- DATA LISTING -
————————
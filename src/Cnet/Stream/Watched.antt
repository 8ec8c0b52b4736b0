-- ===== src/Cnet/Stream/Watched.antt =====
-- What `NetSend2` does to the range of descriptors.
use tm.Base.{ℕ, ◌≤◌, ◌≡◌, ap, subst, arith, List, ok, ok-value}
use tm.Clib.Arena.{Arena, return}
use tm.Clib.Arena.Blocks.{bind_returns}
use tm.Clib.Buffer.{Buffer}
use tm.Cnet.Stream.{
  Status, finished, failed, ongoing, SendEvent, Watch, Sent, watch_after, net_send, net_send2,
}

watch_after-larger : (fd : ℕ) (z : Status) (w : Watch) → w.maxfd ≤ (watch_after fd z w).maxfd
unfolding watch_after
watch_after-larger fd finished w = omega arith
watch_after-larger fd failed w = omega arith
watch_after-larger fd ongoing w = ground arith

pub net_send2-larger :
    (fd : ℕ) (events : List SendEvent) (buf : Buffer) (w w' : Watch) (s : Sent) (a b : Arena)
    → net_send2 fd events buf w a ≡ ok ((s, w'), b)
    → w.maxfd ≤ w'.maxfd
unfolding net_send2
net_send2-larger fd events buf w w' s a b h =
    let (r, a₁, e, k) =
      bind_returns (net_send events buf) (λ r. return (r, watch_after fd r.status w)) a b (s, w')
        h in
    subst (λ v. w.maxfd ≤ v.maxfd) (ap (λ t. t.1) (ok-value k)) (watch_after-larger fd r.status w)
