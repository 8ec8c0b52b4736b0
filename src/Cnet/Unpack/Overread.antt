-- ===== src/Cnet/Unpack/Overread.antt =====
-- `NetUnpack` believes the length of a string that stands in the message.
use tm.Base.{ℕ, ◌+◌, ◌-◌, ◌^◌, ◌<◌, ◌≤◌, ◌≢◌, ◌≡◌, refl, subst, inl, arith, some, ok}
use tm.Base.{List, [], ◌∷◌, ◌++◌, length, length-append, take-append, drop-append, ne→==, false}
use tm.Clib.Arena.{Arena, ◌>>=◌}
use tm.Clib.Arena.Blocks.{IsValid}
use tm.Clib.Str
use tm.Clib.Str.{Str}
use tm.Clib.Str.Held.{Made, assign_from_bytes_lem}
use tm.Cnet.Pack.Bytes.{big_endian}
use tm.Cnet.Unpack.{Slot, string, Taken, take_text, take_s, convert, unpack}
use tm.Cnet.Unpack.Reads.{before, read_length, loop_done, go_on}

-- `%s` copies the text whatever is left of the message behind the length, if that is a byte at least.
take_s_believes :
    (str : Str) (slots : List Slot) (s more : List ℕ) (left : ℕ) (a : Arena)
    → length s < 2 ^ 16
    → left ≢ 0
    → IsValid a
    → a.pos + (length s + 1) ≤ a.cap
    → (b : Arena) × (t : Str) × (take_s
          (string str ∷ slots)
          (before (big_endian 2 (length s) ++ s ++ more) (2 + left))
          a
        ≡ ok (
          record { out = string t ∷ []; slots = slots; cur = some (before more (left - length s)) },
          b,
        ))
      × Made a s b t
unfolding take_s take_text
take_s_believes str slots s more left a h ne v fits =
    let room : length s ≤ length (s ++ more) = omega (arith, length-append s more) in
    let (b, t, e, m) = assign_from_bytes_lem str (s ++ more) (length s) a v room h fits in
    (
      b,
      t,
      rw (read_length (length s) (s ++ more) left a h, ◌>>=◌)
          (rw (ne→== left 0 ne) (rw (e, ◌>>=◌) (rw (drop-append (length s) s more refl)))),
      subst (λ x. Made a x b t) (take-append (length s) s more refl) m,
    )

-- Where the length of a string in a message is larger than the rest of the message, which is not
-- empty, `NetUnpack` with the format `%s` copies the bytes that stand behind the message in
-- memory too, given that there are such bytes and room for the copy.
pub unpack-overreads :
    (near beyond more : List ℕ) (a : Arena)
    → 0 < length near
    → 0 < length beyond
    → length (near ++ beyond) < 2 ^ 16
    → IsValid a
    → a.pos + (length (near ++ beyond) + 1) ≤ a.cap
    → (b : Arena) × (t : Str) × (unpack
          (big_endian 2 (length (near ++ beyond)) ++ (near ++ beyond) ++ more)
          (2 + length near)
          (b'%' ∷ b's' ∷ [])
          (string Str.new0 ∷ [])
          a
        ≡ ok (string t ∷ [], b))
      × Made a (near ++ beyond) b t
unfolding unpack convert
unpack-overreads near beyond more a p q h v fits =
    let s : List ℕ = near ++ beyond in
    let left : ℕ = length near in
    let (b, t, e, m) = take_s_believes Str.new0 [] s more left a h (omega arith) v fits in
    let none_left : left - length s ≡ 0 = omega (arith, length-append near beyond) in
    let taken : Taken = record {
      out = string t ∷ [];
      slots = [];
      cur = some (before more (left - length s));
    } in
    (
      b,
      t,
      go_on b's' [] (string Str.new0 ∷ [])
          (before (big_endian 2 (length s) ++ s ++ more) (2 + left)) a taken b (omega arith) e
          (before more (left - length s)) [] b (inl refl) (loop_done [] false [] _ b none_left),
      m,
    )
————————
- TASK DETAILS -
For this exercise, write out all of the data exactly.

- RESULT -
filename src/Cnet/Stream/Watched.antt
repository 8ec8c0b52b4736b0
-- ===== src/Cnet/Stream/Watched.antt =====
-- What `NetSend2` does to the range of descriptors.
use tm.Base.{ℕ, ◌≤◌, ◌≡◌, ap, subst, arith, List, ok, ok-value}
use tm.Clib.Arena.{Arena, return}
use tm.Clib.Arena.Blocks.{bind_returns}
use tm.Clib.Buffer.{Buffer}
use tm.Cnet.Stream.{
  Status, finished, failed, ongoing, SendEvent, Watch, Sent, watch_after, net_send, net_send2,
}

watch_after-larger : (fd : ℕ) (z : Status) (w : Watch) → w.maxfd ≤ (watch_after fd z w).maxfd
unfolding watch_after
watch_after-larger fd finished w = omega arith
watch_after-larger fd failed w = omega arith
watch_after-larger fd ongoing w = ground arith

pub net_send2-larger :
    (fd : ℕ) (events : List SendEvent) (buf : Buffer) (w w' : Watch) (s : Sent) (a b : Arena)
    → net_send2 fd events buf w a ≡ ok ((s, w'), b)
    → w.maxfd ≤ w'.maxfd
unfolding net_send2
net_send2-larger fd events buf w w' s a b h =
    let (r, a₁, e, k) =
      bind_returns (net_send events buf) (λ r. return (r, watch_after fd r.status w)) a b (s, w')
        h in
    subst (λ v. w.maxfd ≤ v.maxfd) (ap (λ t. t.1) (ok-value k)) (watch_after-larger fd r.status w)
repository 8ec8c0b52b4736b0
filename src/Cnet/Unpack/Overread.antt
-- ===== src/Cnet/Unpack/Overread.antt =====
-- `NetUnpack` believes the length of a string that stands in the message.
use tm.Base.{ℕ, ◌+◌, ◌-◌, ◌^◌, ◌<◌, ◌≤◌, ◌≢◌, ◌≡◌, refl, subst, inl, arith, some, ok}
use tm.Base.{List, [], ◌∷◌, ◌++◌, length, length-append, take-append, drop-append, ne→==, false}
use tm.Clib.Arena.{Arena, ◌>>=◌}
use tm.Clib.Arena.Blocks.{IsValid}
use tm.Clib.Str
use tm.Clib.Str.{Str}
use tm.Clib.Str.Held.{Made, assign_from_bytes_lem}
use tm.Cnet.Pack.Bytes.{big_endian}
use tm.Cnet.Unpack.{Slot, string, Taken, take_text, take_s, convert, unpack}
use tm.Cnet.Unpack.Reads.{before, read_length, loop_done, go_on}

-- `%s` copies the text whatever is left of the message behind the length, if that is a byte at least.
take_s_believes :
    (str : Str) (slots : List Slot) (s more : List ℕ) (left : ℕ) (a : Arena)
    → length s < 2 ^ 16
    → left ≢ 0
    → IsValid a
    → a.pos + (length s + 1) ≤ a.cap
    → (b : Arena) × (t : Str) × (take_s
          (string str ∷ slots)
          (before (big_endian 2 (length s) ++ s ++ more) (2 + left))
          a
        ≡ ok (
          record { out = string t ∷ []; slots = slots; cur = some (before more (left - length s)) },
          b,
        ))
      × Made a s b t
unfolding take_s take_text
take_s_believes str slots s more left a h ne v fits =
    let room : length s ≤ length (s ++ more) = omega (arith, length-append s more) in
    let (b, t, e, m) = assign_from_bytes_lem str (s ++ more) (length s) a v room h fits in
    (
      b,
      t,
      rw (read_length (length s) (s ++ more) left a h, ◌>>=◌)
          (rw (ne→== left 0 ne) (rw (e, ◌>>=◌) (rw (drop-append (length s) s more refl)))),
      subst (λ x. Made a x b t) (take-append (length s) s more refl) m,
    )

-- Where the length of a string in a message is larger than the rest of the message, which is not
-- empty, `NetUnpack` with the format `%s` copies the bytes that stand behind the message in
-- memory too, given that there are such bytes and room for the copy.
pub unpack-overreads :
    (near beyond more : List ℕ) (a : Arena)
    → 0 < length near
    → 0 < length beyond
    → length (near ++ beyond) < 2 ^ 16
    → IsValid a
    → a.pos + (length (near ++ beyond) + 1) ≤ a.cap
    → (b : Arena) × (t : Str) × (unpack
          (big_endian 2 (length (near ++ beyond)) ++ (near ++ beyond) ++ more)
          (2 + length near)
          (b'%' ∷ b's' ∷ [])
          (string Str.new0 ∷ [])
          a
        ≡ ok (string t ∷ [], b))
      × Made a (near ++ beyond) b t
unfolding unpack convert
unpack-overreads near beyond more a p q h v fits =
    let s : List ℕ = near ++ beyond in
    let left : ℕ = length near in
    let (b, t, e, m) = take_s_believes Str.new0 [] s more left a h (omega arith) v fits in
    let none_left : left - length s ≡ 0 = omega (arith, length-append near beyond) in
    let taken : Taken = record {
      out = string t ∷ [];
      slots = [];
      cur = some (before more (left - length s));
    } in
    (
      b,
      t,
      go_on b's' [] (string Str.new0 ∷ [])
          (before (big_endian 2 (length s) ++ s ++ more) (2 + left)) a taken b (omega arith) e
          (before more (left - length s)) [] b (inl refl) (loop_done [] false [] _ b none_left),
      m,
    )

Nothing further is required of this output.